How much should i sell my wife for, if asked, etc?

thanks in advance


----------



## yoplu (Apr 24, 2012)

Watching camel racing is one of the few things i still have left on my bucket list for Dubai so im also interested to find out more info about this


----------



## vantage (May 10, 2012)

from what i've found out (very little!) - i'm just going to turn up and see what happens!


----------



## yoplu (Apr 24, 2012)

haha yes in this country sometimes thats the only way to get the accurate information.

But if you do go and find something out please remember to put the details up. I'd love to check it out. Its so different to anything I would see elsewhere in the world


----------



## Peterf (Jan 9, 2012)

Same here. I would be very interested to hear how you got on.
I don't think 7AM is going to be a viable option for me tomorrow :yawn:


----------



## vantage (May 10, 2012)

OK.
So we went. the 7.00am event may well have happened, but we weren't there! an extra hours kip, and went in the afternoon instead.
It is great to go somewhere that really is for the locals. There were probably less than 10 'Western expats' there at all. The website with the race times etc is in Arabic only, but you can read the calendar.
Dubai Camel Racing Club

so, just past the seven's ground, take a right, and head for the track stadium. The roads are a bit random, so we just kept driving until someone told us not to go somewhere, and politely told us where to park. 
Camels everywhere, with their handlers. A small grandstand - probably 25% full.
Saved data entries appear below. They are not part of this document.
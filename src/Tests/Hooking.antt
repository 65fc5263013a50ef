-- ===== src/Tests/Hooking.antt =====
-- The patched import tables and the proxy at concrete inputs.
use driver_uu_remote.Base.{ℕ, ◌≡◌, refl, Bool, true, false, [], ◌∷◌, none, some, arith}
use driver_uu_remote.Amf.Store.{Name, same_name}
use driver_uu_remote.Import.{Thunk, Image, is_function, patch_import}
use driver_uu_remote.Import.Laws.{imported, resolved}
use driver_uu_remote.Import.Resolution.{patch_import-resolved}
use driver_uu_remote.Import.Compat.{
  config_code, GetChild, compat_cm_get_child, setupapi_dll, cm_get_child,
  cm_query_and_remove_subtree, CompatState, Replacements, uu_install_server_compat_hook,
}
use driver_uu_remote.Import.Compat.Laws.{install-install, install-compat_cm_get_child}
use driver_uu_remote.Capture.Install.{
  Module, Hooks, HookPlan, gdi32_dll, bit_blt, user32_dll, send_input, module_at, image_of,
  expected, uu_install_wayland_capture_hook,
}
use driver_uu_remote.Capture.Install.Laws.{uu_install_wayland_capture_hook-resolved}
use driver_uu_remote.Proxy.{ProxyState, ProxyWorld, Created}

abbrev thunk : Name → ℕ → Thunk
thunk name address = record { name = some name; address = address }

abbrev server_image : Image
server_image = record {
  is_dos = true;
  is_nt = true;
  descriptors =
      record {
        library = setupapi_dll;
        thunks =
            record { name = none; address = 3 }
            ∷ thunk cm_get_child 11
            ∷ thunk cm_query_and_remove_subtree 12
            ∷ [];
      }
      ∷ [];
}

patches : (patch_import same_name true setupapi_dll cm_get_child 21 (some server_image)).0 ≡ true
unfolding patch_import
patches = refl

patch_import-resolved_example :
    let after = (patch_import same_name true setupapi_dll cm_get_child 21 (some server_image)).1 in
    (resolved same_name setupapi_dll cm_get_child after ≡ some 21)
    × ((lib other : Name)
        → same_name cm_get_child other ≡ false
        → resolved same_name lib other after ≡ resolved same_name lib other (some server_image))
patch_import-resolved_example =
    patch_import-resolved same_name true setupapi_dll cm_get_child 21 (some server_image) patches

abbrev fresh : CompatState
fresh = record {
  process = some server_image;
  original_cm_get_child = none;
  original_cm_query_and_remove_subtree = none;
}

abbrev ours : Replacements
ours = record { get_child = 21; query_and_remove = 22 }

installs : (uu_install_server_compat_hook same_name ours true true fresh).0 ≡ true
unfolding uu_install_server_compat_hook patch_import
installs = refl

install-install_example :
    let after = (uu_install_server_compat_hook same_name ours true true fresh).1 in
    uu_install_server_compat_hook same_name ours false false after ≡ (true, after)
install-install_example = install-install same_name ours true true fresh false false installs

abbrev windows : ℕ → GetChild
windows address has_child parent flags = (config_code address, some parent)

imports : resolved same_name setupapi_dll cm_get_child (some server_image) ≡ some 11
unfolding imported is_function
imports = refl

install-compat_cm_get_child_example :
    compat_cm_get_child windows
      (uu_install_server_compat_hook same_name ours true true fresh).1.original_cm_get_child
      true
      5
      0
    ≡ windows 11 true 5 0
install-compat_cm_get_child_example =
    install-compat_cm_get_child same_name ours true true fresh windows 11 true 5 0 installs imports
      eleven refl
  where
    eleven : ((◌≡◌ {A = ℕ}) 11 21) → ⊥
    eleven h = omega (arith, h)

abbrev host_module : Module
host_module = record {
  image = record {
    is_dos = true;
    is_nt = true;
    descriptors =
        record { library = gdi32_dll; thunks = thunk bit_blt 5 ∷ [] }
        ∷ record { library = user32_dll; thunks = thunk send_input 6 ∷ [] }
        ∷ [];
  };
  size_of_image = 0x1ea4000;
  code = expected;
}

abbrev hooks : Hooks
hooks = record { modules = host_module ∷ []; original_bitblt = none; original_send_input = none }

abbrev plan : HookPlan
plan = record {
  bitblt_hook = 31;
  send_input_hook = 32;
  unlocked_module = true;
  unlocked_process = true;
  unlocked_code = true;
  unlocked_bitblt = true;
}

hooked : (uu_install_wayland_capture_hook same_name true plan (some 0) (some 0) hooks).0 ≡ true
unfolding uu_install_wayland_capture_hook patch_import
hooked = refl

uu_install_wayland_capture_hook-resolved_example :
    let after = (uu_install_wayland_capture_hook same_name true plan (some 0) (some 0) hooks).1 in
    ((◌≡◌ {A = Bool}) true true)
    × (resolved same_name gdi32_dll bit_blt (image_of (module_at after.modules (some 0))) ≡ some 31)
uu_install_wayland_capture_hook-resolved_example =
    uu_install_wayland_capture_hook-resolved same_name true plan (some 0) (some 0) hooks hooked

abbrev dxvk_world : ProxyWorld
dxvk_world = record {
  dxvk = some 1;
  dxvk_export = λ handle name. some 40;
  bridge = some 2;
  install = λ handle. true;
  immediate = λ device. some 60;
}

abbrev creates : ℕ → Created
creates address = record { hr = 0; device = some 50; context = none }

abbrev unloaded : ProxyState
unloaded = record { dxvk_module = none; installed = []; references = 0 }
you can wander to the start, the paddock, the marshalling area, the finish line etc. No barriers and tape everywhere.

THe races start, and about 10 minutes later, they all come round the loop and finish. THe next race starts under a minute after the previous finish. THere are more SUV's tearing round the track than camels! VIPS and cameras on one side, and trainers with remote controls for the robot jockeys on the other.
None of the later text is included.